Globally, youth leadership is not theoretical. Sanna Marin became prime minister of Finland at 34, while Sebastian Kurz rose to office at 31 as Chancellor of Austria. These outcomes were not driven by age alone, but by political systems that allow internal party mobility, regulate campaign financing, and reduce the dominance of money in electoral competition.

In the United Kingdom, a prospective parliamentary candidate typically pays a £500 deposit to stand in a general election — refundable if they secure at least 5 percent of the vote.

In South Africa, parties field candidates at no direct fee to the individual; parties absorb electoral costs institutionally. In Ghana, the governing party’s parliamentary primaries cost aspirants a registration fee of approximately GH₵10,000 — a fraction of what Nigeria demands.

“What these systems recognise,” Taiwo Adeyemi, the Lagos lawyer, told The Whistler, “is that the purpose of an election is to give citizens a choice of qualified candidates — not to raise revenue for parties. When parties treat nomination as a product and aspirants as customers, they corrupt the entire logic of representative democracy.”

What the Data Says About Where This Leads

As long as money — not competence, character, or popular appeal — operates as a fundamental variable in political leadership recruitment, voters will refrain from voting because commercialised political processes are more likely to produce unpopular, unaccountable, and incompetent candidates. Inertia towards electoral participation is a knock-on effect of a commercialised political process that most politicians tend to ignore.

Even as Nigeria’s voter turnout fell to a historic low of 27% in 2023, surveys suggest that many young Nigerians say they still intend to vote in 2027. So interest has not completely disappeared. But the structural barriers that price out candidacy also erode the quality of electoral choices available to voters — feeding a cycle of disengagement that each election cycle deepens.

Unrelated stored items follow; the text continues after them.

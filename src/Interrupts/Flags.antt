-- ===== src/Interrupts/Flags.antt =====
-- The flags that `registerInterruptHandler` reads from its variable arguments.
use jslk.Base.{
  ℕ, zero, suc, ◌+◌, ◌≡◌, refl, Bool, true, false, ◌||◌, arith, ltb, ◌==◌, if◌then◌else◌,
  Bool-cases, inl, inr, ◌∙◌, lt→ltb, le→ltb,
}
use jslk.Interrupts.{Locals, set_flag, read_flags}

-- Does `flag` stand among the arguments from `i` on, before the terminator 5 and within `n` of
-- them?
unfoldable pub given : (flag n : ℕ) → (ℕ → ℕ) → ℕ → Bool
given flag zero args i = false
given flag (suc n) args i =
    (args i == flag) || (if args i == 5 then false else given flag n args (i + 1))

-- For each option, a field of the locals that its flag sets and the other flags leave alone.
module _ (option : Locals → Bool) (flag : ℕ)
    (sets : (f : ℕ) (l : Locals) → option (set_flag f l) ≡ ((f == flag) || option l)) where
  read_flags_last :
      (args : ℕ → ℕ) (i : ℕ) (l : Locals)
      → i ≡ 5
      → option (read_flags 1 args i l) ≡ (given flag 1 args i || option l)
  unfolding read_flags given
  read_flags_last args i l e =
      let last : ltb 5 (i + 1) ≡ true = lt→ltb 5 (i + 1) (omega arith) in
      rw last (rw (sets (args i) l) (ground arith))

  read_flags_option :
      (n : ℕ) (args : ℕ → ℕ) (i : ℕ) (l : Locals)
      → suc n + i ≡ 6
      → option (read_flags (suc n) args i l) ≡ (given flag (suc n) args i || option l)
  unfolding read_flags given
  read_flags_option zero args i l e = read_flags_last args i l (omega arith)
  read_flags_option (suc n) args i l e =
      let more : ltb 5 (i + 1) ≡ false = le→ltb 5 (i + 1) (omega arith) in
      let ih = read_flags_option n args (i + 1) (set_flag (args i) l) (omega arith) in
      rw more (elim (Bool-cases (args i == 5)) [
        | inl stop ↦ rw stop (rw (sets (args i) l) (ground arith))
        | inr go ↦ rw go (ih ∙ rw (sets (args i) l) (ground arith))
      ])

-- `registerInterruptHandler` reads at most six arguments, up to the terminator 5. Each of its four
-- options is on if its flag is among those, and is otherwise whatever the stack held: none of the
-- four has an initial value.
pub read_flags-given :
    (args : ℕ → ℕ) (stack : Locals)
    → let l = read_flags 6 args 0 stack in
      (l.is_chained ≡ (given 1 6 args 0 || stack.is_chained))
      × (l.chain_protect ≡ (given 2 6 args 0 || stack.chain_protect))
      × (l.free_protect ≡ (given 3 6 args 0 || stack.free_protect))
      × (l.chain_lock ≡ (given 4 6 args 0 || stack.chain_lock))
unfolding set_flag
read_flags-given args stack = (
  read_flags_option (λ l. l.is_chained) 1 (λ f l. ground arith) 5 args 0 stack refl,
  read_flags_option (λ l. l.chain_protect) 2 (λ f l. ground arith) 5 args 0 stack refl,
  read_flags_option (λ l. l.free_protect) 3 (λ f l. ground arith) 5 args 0 stack refl,
  read_flags_option (λ l. l.chain_lock) 4 (λ f l. ground arith) 5 args 0 stack refl,
)
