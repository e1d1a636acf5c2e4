-- ===== src/Interrupts/Tests.antt =====
-- Runs of the tables, and the theorems at tables that no registration has touched.
use jslk.Base.{
  ℕ, refl, true, false, List, [], arith, get_or, ◌+◌, ◌≤◌, ◌≡◌, ◌∷◌, ◌==◌, if◌then◌else◌,
}
use jslk.Interrupts.{Tables, Locals, read_flags, register_interrupt_handler}
use jslk.Interrupts.Register.{SameTables, register_outcome}
use jslk.Console.{Console, kprint}
use jslk.Console.Numbers.{kernel_print_dec}
use jslk.Interrupts.Report.{int_description, received_interrupt, open_bracket, close_bracket}
use jslk.Interrupts.Dispatch.{Machine, isr_handler, register-isr_handler}

abbrev empty : Tables
empty = record {
  hi = λ i. record {
    initialized = false;
    has_handler = false;
    handler = 0;
    is_chained = false;
    chain_protect = false;
  };
  chained = λ i. record {
    initialized = false;
    total_handlers = 0;
    free_protect = false;
    chain_lock = false;
  };
  null_cells = λ i. 0;
  enabled = true;
}

abbrev clean : Locals
clean = record {
  is_chained = false;
  chain_protect = false;
  free_protect = false;
  chain_lock = false;
}

abbrev wants_chain : Locals
wants_chain = record clean { is_chained = true }

-- NF alone, and CHAINED_INTERRUPT, NF.
abbrev no_flags : ℕ → ℕ
no_flags i = 5

abbrev chain_flag : ℕ → ℕ
chain_flag i = if i == 0 then 1 else 5

-- A chain of two with FREE_PROTECT.
abbrev kept : Tables
kept = record empty {
  hi = λ i. record {
    initialized = false;
    has_handler = true;
    handler = 0;
    is_chained = true;
    chain_protect = false;
  };
  chained = λ i. record {
    initialized = true;
    total_handlers = 1;
    free_protect = true;
    chain_lock = false;
  };
  null_cells = λ i. i + 700;
}

-- A handler that leaves the tables alone and writes its address to port 1.
abbrev say : ℕ → Machine → Machine
say h s = record s { ports = (1, h) ∷ s.ports }

plain_flags : (read_flags 6 no_flags 0 clean).is_chained ≡ false
unfolding read_flags
plain_flags = refl

chain_flags : (read_flags 6 chain_flag 0 clean).is_chained ≡ true
unfolding read_flags
chain_flags = refl

register_outcome_example :
    let (t', code) = register_interrupt_handler clean empty 50 900 no_flags in
    (t'.enabled ≡ true) × (code ≤ 1) × SameTables empty (if code == 1 then t' else empty)
register_outcome_example = register_outcome clean empty 50 900 no_flags

abbrev screen : Console
screen = record {
  cursorx = 0;
  cursory = 1;
  console_color = 7;
  clear_calls = 0;
  terminal_buffer = λ i. 0;
  ports = [];
}

abbrev described : ℕ → List ℕ
described i = get_or int_description i []

register-isr_handler_example :
    let s : Machine = record {
      tables = (register_interrupt_handler clean empty 14 900 no_flags).0;
      descriptions = described;
      console = screen;
      ports = [];
    } in
    isr_handler say 14 s
    ≡ say 900 (record s {
      console = kprint close_bracket (
          kprint
            (described 14)
            (kprint open_bracket (kernel_print_dec 14 (kprint received_interrupt screen))));
    })
register-isr_handler_example =
    register-isr_handler say clean empty 14 900 no_flags [] described screen plain_flags
      (omega arith) refl refl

Prof. Suleiman Kabir, political scientist, Northwest University, noted that the 2027 cycle represents a fork in the road.

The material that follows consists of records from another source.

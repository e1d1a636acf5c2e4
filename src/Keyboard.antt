-- ===== src/Keyboard.antt =====
-- hal/x86/drivers/keyboard.c: the keyboard.
pub mod Keys
mod Tests
use jslk.Base.{
  ℕ, zero, suc, min, max, bit_and, bit_or, refl, sym, ap, fun_ext, inl, inr, Bool, true, false, not,
  Option, none, some, List, [], map, arith, ltb, leb, ltb→lt, ltb→le, lt→ltb, le→ltb, ==→eq, ==→ne,
  eq→==, ne→==, Bool-cases, tests, write, write_self, write_ne, length, get_or, length-append, ◌+◌,
  ◌-◌, ◌*◌, ◌/◌, ◌%◌, ◌^◌, ◌≤◌, ◌<◌, ◌≡◌, ◌∙◌, ◌≢◌, ◌↔◌, ◌⊎◌, ◌&&◌, ◌||◌, ◌∷◌, ◌++◌, ◌==◌,
  if◌then◌else◌,
}
use jslk.Base.Memory.{Memory}
use jslk.Base.Outcome.{Outcome, done, ◌>>=◌}
use jslk.Console.{Console, kputc, backspace, right_arrow, map_xy}
use jslk.Strings.{append}

-- The two layouts; the elements that the source leaves out are 0.
abbrev pub kbdus : List ℕ
kbdus =
    0 ∷ 27 ∷ 49 ∷ 50 ∷ 51 ∷ 52 ∷ 53 ∷ 54 ∷ 55 ∷ 56 ∷ 57 ∷ 48 ∷ 45 ∷ 61 ∷ 8 ∷ 9 ∷ 113 ∷ 119 ∷ 101
    ∷ 114 ∷ 116 ∷ 121 ∷ 117 ∷ 105 ∷ 111 ∷ 112 ∷ 91 ∷ 93 ∷ 10 ∷ 0 ∷ 97 ∷ 115 ∷ 100 ∷ 102 ∷ 103 ∷ 104
    ∷ 106 ∷ 107 ∷ 108 ∷ 59 ∷ 39 ∷ 96 ∷ 0 ∷ 92 ∷ 122 ∷ 120 ∷ 99 ∷ 118 ∷ 98 ∷ 110 ∷ 109 ∷ 44 ∷ 46 ∷ 47
    ∷ 0 ∷ 42 ∷ 0 ∷ 32 ∷ 0 ∷ 0 ∷ 0 ∷ 0 ∷ 0 ∷ 0 ∷ 0 ∷ 0 ∷ 0 ∷ 0 ∷ 0 ∷ 0 ∷ 0 ∷ 0 ∷ 0 ∷ 0 ∷ 45 ∷ 0 ∷ 0
    ∷ 0 ∷ 43 ∷ 0 ∷ 0 ∷ 0 ∷ 0 ∷ 0 ∷ 0 ∷ 0 ∷ 0 ∷ 0 ∷ 0 ∷ 0 ∷ []

abbrev pub capsus : List ℕ
capsus =
    0 ∷ 27 ∷ 33 ∷ 34 ∷ 35 ∷ 36 ∷ 37 ∷ 38 ∷ 47 ∷ 40 ∷ 41 ∷ 61 ∷ 63 ∷ 64 ∷ 8 ∷ 9 ∷ 81 ∷ 87 ∷ 69 ∷ 82
    ∷ 84 ∷ 89 ∷ 85 ∷ 73 ∷ 79 ∷ 80 ∷ 123 ∷ 125 ∷ 10 ∷ 0 ∷ 65 ∷ 83 ∷ 68 ∷ 70 ∷ 71 ∷ 72 ∷ 74 ∷ 75 ∷ 76
    ∷ 58 ∷ 39 ∷ 96 ∷ 0 ∷ 92 ∷ 90 ∷ 88 ∷ 67 ∷ 86 ∷ 66 ∷ 78 ∷ 77 ∷ 44 ∷ 46 ∷ 47 ∷ 0 ∷ 42 ∷ 0 ∷ 32 ∷ 0
    ∷ 0 ∷ 0 ∷ 0 ∷ 0 ∷ 0 ∷ 0 ∷ 0 ∷ 0 ∷ 0 ∷ 0 ∷ 0 ∷ 0 ∷ 0 ∷ 0 ∷ 0 ∷ 45 ∷ 0 ∷ 0 ∷ 0 ∷ 43 ∷ 0 ∷ 0 ∷ 0
    ∷ 0 ∷ 0 ∷ 0 ∷ 0 ∷ 0 ∷ 0 ∷ 0 ∷ 0 ∷ []

-- The variables of the driver, the console, and the memory that has `inbuf` in it.
pub record Keyboard : Type 0 where
  pub shift : Bool
  pub scancode : ℕ
  pub console : Console
  pub memory : Memory

-- A key that has a character: it is printed and put at the end of the input.
unfoldable pub type_char : (rounds inbuf scancode : ℕ) → Keyboard → Outcome Keyboard
type_char rounds inbuf scancode k =
    let c = if k.shift then get_or capsus scancode 0 else get_or kbdus scancode 0 in
    append rounds k.memory inbuf c >>= λ memory.
    let console = kputc c k.console in
    done (record k {
      memory = memory;
      console =
          if (scancode == 14) || (scancode == 75)
          then backspace console
          else if scancode == 77
          then right_arrow console
          else console;
    })

-- `scancode` is the byte that `inb(0x60)` returns, and `inbuf` the address of the input.
unfoldable pub keyboard_handler : (rounds inbuf scancode : ℕ) → Keyboard → Outcome Keyboard
keyboard_handler rounds inbuf scancode k0 =
    let k = record k0 { scancode = scancode } in
    let typed = type_char rounds inbuf scancode k in
    if not (bit_and scancode 0x80 == 0)
    then done (record k { shift = false })
    else if (scancode == 42) || (scancode == 54) || (scancode == 58)
    then done (record k { shift = true })
    else if scancode == 80
    then done (record k { console = map_xy 1 k.console })
    else if scancode == 72
    then done (record k { console = map_xy 2 k.console })
    else if scancode == 77
    then done (record k { console = map_xy 3 k.console })
    else if scancode == 75
    then done (record k { console = map_xy 4 k.console })
    else typed

unfoldable pub read_key : Keyboard → ℕ
read_key k = if k.scancode == 28 then 0 else 1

“If we continue on this trajectory — forms at N100 million, minimum wage at N77,000, poverty above 60 percent — what we will produce is a legislature and executive that is structurally incapable of understanding or addressing the lives of the people it governs,” he said. “Because the people who can afford these forms have never lived those lives.”

The Path Forward

Civil society organisations, legal scholars and electoral reform advocates have for years called for a statutory cap on nomination form fees — a proposal that has thus far found no traction in a National Assembly populated largely by the very beneficiaries of the current system.

Others advocate for state funding of political parties, conditioned on adherence to transparent, inclusive primaries, as a means of reducing parties’ dependence on form sales as revenue. INEC, for its part, has limited regulatory authority over the internal pricing decisions of political parties.

What is clear, in the meantime, is that Musa Garba — the political science graduate in Gwale who knows his ward like the back of his hand — will not be on a ballot in 2027.

Neither will Fatima Usman, the fabric seller in Katsina who her community trusts. Nor the health worker in Kaduna, nor the lawyer in Kano who knows the constitution by heart but cannot afford the party’s price of entry.

They will vote, perhaps. Or perhaps they won’t, joining the swelling majority who have concluded that a democracy which cannot accommodate them as candidates has little reason to expect their participation as voters.

“The parties will say: find the money, or find a sponsor,” Garba told THE WHISTLER , his voice carrying the particular exhaustion of someone who has thought through every option and found them all closed.

“But I did not study political science to become somebody’s errand boy. I studied it because I believed in this country. The question now is whether this country believes in people like me.”